I suppose you Could paint them,..... 
But I don't know Why you'd want to.......

It seems like Alot of Work,+ Money for Nothing to Me......


----------



## NateHanson (Apr 15, 2007)

Depends on how much time you plan to spend down there.


----------



## twilightcall (Jan 4, 2008)

Well, I plan to stay in the house along time. I want it to last as long as possible. So I am willing to put in the time if there is a long term benefit.


----------



## Big Bob (Jul 27, 2007)

I can not think of one benifit to you if you paint the floor joist.
.
I can think of alot of reasons not to. 

If you want to do something to aid in longevity...apply timbor. this will discourage wdo.

PS stop digging near the piers.


----------



## twilightcall (Jan 4, 2008)

What is timbor?


----------



## Big Bob (Jul 27, 2007)

http://www.allpest.com/timbor.html


----------



## sirwired (Jun 22, 2007)

Are you digging a basement down there?

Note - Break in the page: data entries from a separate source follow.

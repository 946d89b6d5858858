-- ===== src/Api/JsonBridge.antt =====
-- `convertResponse` and the wrappers for the HTTP bridge of kv-distributed/internal/api/server.go.
use fast_kv_a_lightweight_ke.Base.{
  nat_eq, ◌≡◌, refl, Bool, true, false, not, ◌&&◌, is_some, Option, none, some, List, [], ◌∷◌,
  if◌then◌else◌, Result, ok, err, Failure, arith,
}
use fast_kv_a_lightweight_ke.Base.Bytes.{Bytes, bytes_key, bytes_eq, text}
use fast_kv_a_lightweight_ke.Base.Dict.{Dict, RangeOrder, lookup, insert, lookup-insert, lookup-nil}
use fast_kv_a_lightweight_ke.Base.Words.{Int64}
use fast_kv_a_lightweight_ke.Storage.Engine.{Io}
use fast_kv_a_lightweight_ke.Api
use fast_kv_a_lightweight_ke.Api.{Request, Response, KvServer}

-- The `interface{}` values of the map.
pub data Json : Type 0 where
  bytes_json : Bytes → Json
  entries_json : Dict Bytes Bytes → Json
  strings_json : List Bytes → Json
  data_json : Option Bytes → Json
  errors_json : List Failure → Json

-- Which of the response's slices and maps are `nil` where they are empty.
pub record Nils : Type 0 where
  pub nil_value : Bool
  pub nil_values : Bool
  pub nil_keys : Bool
  pub nil_list : Bool
  pub nil_errors : Bool

-- `x != nil` on a slice or a map
abbrev pub non_nil {ℓ} : {A : Type ℓ} → Bool → List A → Bool
non_nil is_nil [] = not is_nil
non_nil is_nil (x ∷ xs) = true

-- `if … { result[name] = json }`
unfoldable pub set_if : Bool → Bytes → Json → Dict Bytes Json → Dict Bytes Json
set_if present name json result = if present then insert name json result else result

unfoldable pub convert_response : Nils → Response → Dict Bytes Json
convert_response nils resp =
    let result1 =
      set_if (non_nil nils.nil_value resp.value) (text "Value") (bytes_json resp.value) [] in
    let result2 =
      set_if (non_nil nils.nil_values resp.values) (text "Values") (entries_json resp.values)
        result1 in
    let result3 =
      set_if (non_nil nils.nil_keys resp.keys) (text "Keys") (strings_json resp.keys) result2 in
    let result4 =
      set_if (non_nil nils.nil_list resp.list) (text "List") (strings_json resp.list) result3 in
    let result5 =
      set_if (is_some resp.data_value) (text "Data") (data_json resp.data_value) result4 in
    let result6 =
      set_if (not (bytes_eq resp.message [])) (text "Message") (bytes_json resp.message) result5 in
    set_if (non_nil nils.nil_errors resp.errors) (text "Errors") (errors_json resp.errors) result6

-- A wrapper sets `*resp` from the handler's response, unless the handler fails.
abbrev pub wrapped :
    Nils → Dict Bytes Json → KvServer × Result Response → KvServer × Dict Bytes Json × Failure
wrapped nils resp (s, err e) = (s, resp, some e)
wrapped nils resp (s, ok internal_resp) = (s, convert_response nils internal_resp, none)

module _ (nils : Nils) (req : Request) (resp : Dict Bytes Json) (s : KvServer) where
  unfoldable pub http_put : Int64 → Io → KvServer × Dict Bytes Json × Failure
  http_put now io = wrapped nils resp (Api.put now io req s)

  unfoldable pub http_get : Int64 → KvServer × Dict Bytes Json × Failure
  http_get now = wrapped nils resp (s, Api.get now req s)

  unfoldable pub http_delete : Io → KvServer × Dict Bytes Json × Failure
  http_delete io = wrapped nils resp (Api.delete io req s)

  unfoldable pub http_update : Int64 → Io → KvServer × Dict Bytes Json × Failure
  http_update now io = wrapped nils resp (Api.update now io req s)

  unfoldable pub http_list : RangeOrder Bytes Bytes → Int64 → KvServer × Dict Bytes Json × Failure
  http_list order now = wrapped nils resp (s, Api.list order now req s)

-- A wrapper does to the server what its handler does.
pub wrapped_server :
    (nils : Nils) (resp : Dict Bytes Json) (done : KvServer × Result Response)
    → (wrapped nils resp done).0 ≡ done.0
wrapped_server nils resp (s, err e) = refl
wrapped_server nils resp (s, ok internal_resp) = refl

-- A reader of the map: a missing name reads as the zero value.
abbrev bytes_of : Option Json → Bytes
bytes_of (some (bytes_json bytes)) = bytes
bytes_of other = []

abbrev entries_of : Option Json → Dict Bytes Bytes
entries_of (some (entries_json entries)) = entries
entries_of other = []

abbrev strings_of : Option Json → List Bytes
strings_of (some (strings_json strings)) = strings
strings_of other = []

abbrev data_of : Option Json → Option Bytes
data_of (some (data_json data_value)) = data_value
data_of other = none

abbrev errors_of : Option Json → List Failure
errors_of (some (errors_json errors)) = errors
errors_of other = []

abbrev pub read_back : Dict Bytes Json → Response
read_back result = record {
  value = bytes_of (lookup (text "Value") result);
  values = entries_of (lookup (text "Values") result);
  keys = strings_of (lookup (text "Keys") result);
  list = strings_of (lookup (text "List") result);
  data_value = data_of (lookup (text "Data") result);
  message = bytes_of (lookup (text "Message") result);
  errors = errors_of (lookup (text "Errors") result);
  next_cursor = 0;
}

module _ (k : Bytes) (result : Dict Bytes Json) (found : Option Json)
    (below : lookup k result ≡ found) where
  lookup-set_if :
      (present : Bool) (name : Bytes) (json : Json)
      → lookup k (set_if present name json result)
        ≡ (if bytes_eq name k && present then some json else found)
  unfolding set_if
  lookup-set_if present name json = ground (arith, below, lookup-insert name k json result)

-- What the map has under any name.
abbrev field : Nils → Response → Bytes → Option Json
field nils resp k =
    if bytes_eq (text "Errors") k && non_nil nils.nil_errors resp.errors
    then some (errors_json resp.errors)
    else if bytes_eq (text "Message") k && not (bytes_eq resp.message [])
    then some (bytes_json resp.message)
    else if bytes_eq (text "Data") k && is_some resp.data_value
    then some (data_json resp.data_value)
    else if bytes_eq (text "List") k && non_nil nils.nil_list resp.list
    then some (strings_json resp.list)
    else if bytes_eq (text "Keys") k && non_nil nils.nil_keys resp.keys
    then some (strings_json resp.keys)
    else if bytes_eq (text "Values") k && non_nil nils.nil_values resp.values
    then some (entries_json resp.values)
    else if bytes_eq (text "Value") k && non_nil nils.nil_value resp.value
    then some (bytes_json resp.value)
    else none

lookup-convert_response :
    (nils : Nils) (resp : Response) (k : Bytes)
    → lookup k (convert_response nils resp) ≡ field nils resp k
unfolding convert_response
lookup-convert_response nils resp k =
    lookup-set_if k _ _
      (lookup-set_if k _ _
        (lookup-set_if k _ _
          (lookup-set_if k _ _
            (lookup-set_if k _ _
              (lookup-set_if k _ _ (lookup-set_if k [] none (lookup-nil k) _ _ _) _ _ _) _ _ _)
            _ _ _)
          _ _ _)
        _ _ _)
      _ _ _

-- A field that is left out reads as the empty value, which it has.
bytes-kept :
    (is_nil : Bool) (bytes : Bytes)
    → bytes_of (if non_nil is_nil bytes then some (bytes_json bytes) else none) ≡ bytes
bytes-kept true [] = refl
bytes-kept false [] = refl
bytes-kept is_nil (x ∷ bytes) = refl

entries-kept :
    (is_nil : Bool) (entries : Dict Bytes Bytes)
    → entries_of (if non_nil is_nil entries then some (entries_json entries) else none) ≡ entries
entries-kept true [] = refl
entries-kept false [] = refl
entries-kept is_nil (x ∷ entries) = refl

strings-kept :
    (is_nil : Bool) (strings : List Bytes)
    → strings_of (if non_nil is_nil strings then some (strings_json strings) else none) ≡ strings
strings-kept true [] = refl
strings-kept false [] = refl
strings-kept is_nil (x ∷ strings) = refl

errors-kept :
    (is_nil : Bool) (errors : List Failure)
    → errors_of (if non_nil is_nil errors then some (errors_json errors) else none) ≡ errors
errors-kept true [] = refl
errors-kept false [] = refl
errors-kept is_nil (x ∷ errors) = refl

data-kept :
    (data_value : Option Bytes)
    → data_of (if is_some data_value then some (data_json data_value) else none) ≡ data_value
data-kept none = refl
data-kept (some value) = refl

message-kept :
    (message : Bytes)
    → bytes_of (if not (bytes_eq message []) then some (bytes_json message) else none) ≡ message
message-kept [] = refl
message-kept (x ∷ message) = refl

-- Whatever is `nil`, the map that the wrappers answer says all of the response but its cursor.
pub read_back-convert_response :
    (nils : Nils) (resp : Response)
    → read_back (convert_response nils resp) ≡ record resp { next_cursor = 0 }
read_back-convert_response nils resp =
    rw
      (
        lookup-convert_response nils resp (text "Value"),
        lookup-convert_response nils resp (text "Values"),
        lookup-convert_response nils resp (text "Keys"),
        lookup-convert_response nils resp (text "List"),
        lookup-convert_response nils resp (text "Data"),
        lookup-convert_response nils resp (text "Message"),
        lookup-convert_response nils resp (text "Errors"),
        bytes-kept nils.nil_value resp.value,
        entries-kept nils.nil_values resp.values,
        strings-kept nils.nil_keys resp.keys,
        strings-kept nils.nil_list resp.list,
        data-kept resp.data_value,
        message-kept resp.message,
        errors-kept nils.nil_errors resp.errors,
      )
      refl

I just can't figure out what that pit is for in the middle of your crawl...

In any case, the key to keeping those timbers in good shape is a nice, dry environment. If you read online about mold prevention/remediation, the more reputable sites are almost unanimous that the best way to keep it dry is to seal off the crawl space from the outside. This means lining the whole thing with plastic (walls and dirt) and sealing the vents. It turns out that all those vents do is let in humidity in the summer time, which then condenses on your A/C'd floor. (They also let out heat in the winter.) If the crawl is sealed off, it should be approx. the same humidity as your house, which keeps those timbers nice and dry.

If the timbers stay dry and termite-free, they should last pretty much forever.

SirWired


----------



## NateHanson (Apr 15, 2007)

twilightcall said:


> Well, I plan to stay in the house along time. I want it to last as long as possible. So I am willing to put in the time if there is a long term benefit.


I was asking how much time you planned to spend hanging out in the crawl space, as I couldn't think of any advantage to painting the bottom of your floor, except to make it pretty.


----------



## twilightcall (Jan 4, 2008)

Like I said my goal is to make it last as long as possible. Since the house was built in 49 it already has almost 50 years on it. So anything I can do to prolong its life I want to do. Don't plan to spend a lot of time in the crawl space but will need to do some plumbing down there. Just want it to last. 

Sir Wired. Thanks for all of the info. I appreciate it. I didn't dig that trench. It was already there. This is what I am starting with. I haven't done a thing to it yet. 

I will look into timbor. Thanks.


----------



## bobda (Sep 21, 2009)

Hi!

I'm in this same situation. I just purchased a 60 year old fixer-upper house in a very cold, and foggy area (HEAVY fog 80% of the year).

I just got through repairing all the water damaged walls and wood inside of the house (leaky roof). And it's got me very concerned about future water and pest damage. 

I'm also considering painting inside the crawl space. To keep a water tight seal on the exposed wood...to keep out the water. And to also keep the moisture from coming into the house through the floors. Also to keep out the insects (lots of termite damage in and around the house).

I'm curious to know if there's any draw backs. Maybe the wood is left purposely exposed so any moisture that got into the wood can evaporate. Or maybe it's for letting out the moisture from inside the house (from everyday living, or when there's a liquid spill). Or maybe the paint fumes can seep through the floors...etc

Thanks!


----------



## sirwired (Jun 22, 2007)

You cannot prevent humidity from being absorbed by wood by painting it. Liquid water, yes, humidity, no.

You should prevent termites by hiring a licensed, bonded, and insured firm that treats houses for termites.

If you want to prevent moisture from entering the house through the crawl, there are firms that will seal off your crawl space. (or, you can do it yourself) This is nothing more complicated that doing a thorough job lining the floor and walls entirely with plastic and making sure the seams are well-sealed.

SirWired


----------